[Activity]
The material below holds a span beginning at the line with "abbrev pub by_policy_id" and ending at the line with "-- _parse_datetime, with". Quote that span exactly, both ends included, and only that span.

(Data under study)

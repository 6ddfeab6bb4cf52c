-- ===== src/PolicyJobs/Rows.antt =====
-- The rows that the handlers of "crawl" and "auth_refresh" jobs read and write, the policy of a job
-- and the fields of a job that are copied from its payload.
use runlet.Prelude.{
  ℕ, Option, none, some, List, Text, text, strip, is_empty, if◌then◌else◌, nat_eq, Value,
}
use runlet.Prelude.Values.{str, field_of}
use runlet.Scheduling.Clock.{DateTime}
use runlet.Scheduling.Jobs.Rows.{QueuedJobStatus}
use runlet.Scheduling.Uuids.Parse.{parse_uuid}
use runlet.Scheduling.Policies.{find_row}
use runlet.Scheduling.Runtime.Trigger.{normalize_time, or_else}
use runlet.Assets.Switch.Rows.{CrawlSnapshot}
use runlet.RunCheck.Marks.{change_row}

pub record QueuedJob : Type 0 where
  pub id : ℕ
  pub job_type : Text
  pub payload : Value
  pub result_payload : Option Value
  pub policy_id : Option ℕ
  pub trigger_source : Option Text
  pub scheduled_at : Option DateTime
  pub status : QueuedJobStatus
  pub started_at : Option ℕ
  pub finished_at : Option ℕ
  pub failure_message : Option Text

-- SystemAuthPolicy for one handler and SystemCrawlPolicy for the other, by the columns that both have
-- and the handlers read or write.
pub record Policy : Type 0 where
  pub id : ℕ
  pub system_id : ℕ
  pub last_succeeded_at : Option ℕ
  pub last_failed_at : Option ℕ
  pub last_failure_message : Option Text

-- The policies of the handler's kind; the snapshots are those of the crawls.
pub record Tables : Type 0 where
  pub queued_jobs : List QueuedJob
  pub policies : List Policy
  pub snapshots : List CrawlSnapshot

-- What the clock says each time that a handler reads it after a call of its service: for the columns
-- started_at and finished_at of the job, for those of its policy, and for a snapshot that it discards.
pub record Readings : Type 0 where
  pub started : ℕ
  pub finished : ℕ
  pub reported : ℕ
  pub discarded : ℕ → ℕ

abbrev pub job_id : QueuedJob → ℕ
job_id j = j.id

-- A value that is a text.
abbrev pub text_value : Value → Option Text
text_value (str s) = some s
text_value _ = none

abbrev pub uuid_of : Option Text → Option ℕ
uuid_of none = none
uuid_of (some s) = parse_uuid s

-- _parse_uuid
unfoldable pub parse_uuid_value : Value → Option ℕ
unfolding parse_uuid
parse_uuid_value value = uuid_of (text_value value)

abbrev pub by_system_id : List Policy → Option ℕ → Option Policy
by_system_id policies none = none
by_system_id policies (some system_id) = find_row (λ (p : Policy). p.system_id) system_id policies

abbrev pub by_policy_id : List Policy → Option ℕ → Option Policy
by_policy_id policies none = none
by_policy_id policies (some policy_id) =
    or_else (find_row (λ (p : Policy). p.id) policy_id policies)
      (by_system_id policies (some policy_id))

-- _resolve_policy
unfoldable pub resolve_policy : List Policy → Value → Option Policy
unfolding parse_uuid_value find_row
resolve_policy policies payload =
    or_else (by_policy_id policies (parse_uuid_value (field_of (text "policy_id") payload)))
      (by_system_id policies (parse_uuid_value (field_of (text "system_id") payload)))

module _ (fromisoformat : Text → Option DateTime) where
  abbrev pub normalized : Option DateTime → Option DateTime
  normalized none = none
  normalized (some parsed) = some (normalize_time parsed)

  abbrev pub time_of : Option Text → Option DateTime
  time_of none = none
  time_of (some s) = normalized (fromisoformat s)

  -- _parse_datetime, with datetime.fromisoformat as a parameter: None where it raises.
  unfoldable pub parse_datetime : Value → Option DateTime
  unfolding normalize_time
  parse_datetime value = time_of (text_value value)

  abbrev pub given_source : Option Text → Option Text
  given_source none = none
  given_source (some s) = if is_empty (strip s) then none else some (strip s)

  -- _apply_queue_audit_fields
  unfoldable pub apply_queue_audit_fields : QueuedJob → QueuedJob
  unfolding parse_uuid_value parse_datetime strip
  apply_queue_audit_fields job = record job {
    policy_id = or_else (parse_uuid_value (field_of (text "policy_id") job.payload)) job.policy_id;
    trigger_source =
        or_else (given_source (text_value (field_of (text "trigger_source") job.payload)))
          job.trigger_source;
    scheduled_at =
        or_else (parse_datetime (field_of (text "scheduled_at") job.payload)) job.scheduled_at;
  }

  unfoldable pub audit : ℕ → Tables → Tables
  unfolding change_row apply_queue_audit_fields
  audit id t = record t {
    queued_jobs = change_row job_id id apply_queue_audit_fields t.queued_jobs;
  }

(End Data under study)

[Solution to the exercise]
abbrev pub by_policy_id : List Policy → Option ℕ → Option Policy
by_policy_id policies none = none
by_policy_id policies (some policy_id) =
    or_else (find_row (λ (p : Policy). p.id) policy_id policies)
      (by_system_id policies (some policy_id))

-- _resolve_policy
unfoldable pub resolve_policy : List Policy → Value → Option Policy
unfolding parse_uuid_value find_row
resolve_policy policies payload =
    or_else (by_policy_id policies (parse_uuid_value (field_of (text "policy_id") payload)))
      (by_system_id policies (parse_uuid_value (field_of (text "system_id") payload)))

module _ (fromisoformat : Text → Option DateTime) where
  abbrev pub normalized : Option DateTime → Option DateTime
  normalized none = none
  normalized (some parsed) = some (normalize_time parsed)

  abbrev pub time_of : Option Text → Option DateTime
  time_of none = none
  time_of (some s) = normalized (fromisoformat s)

  -- _parse_datetime, with datetime.fromisoformat as a parameter: None where it raises.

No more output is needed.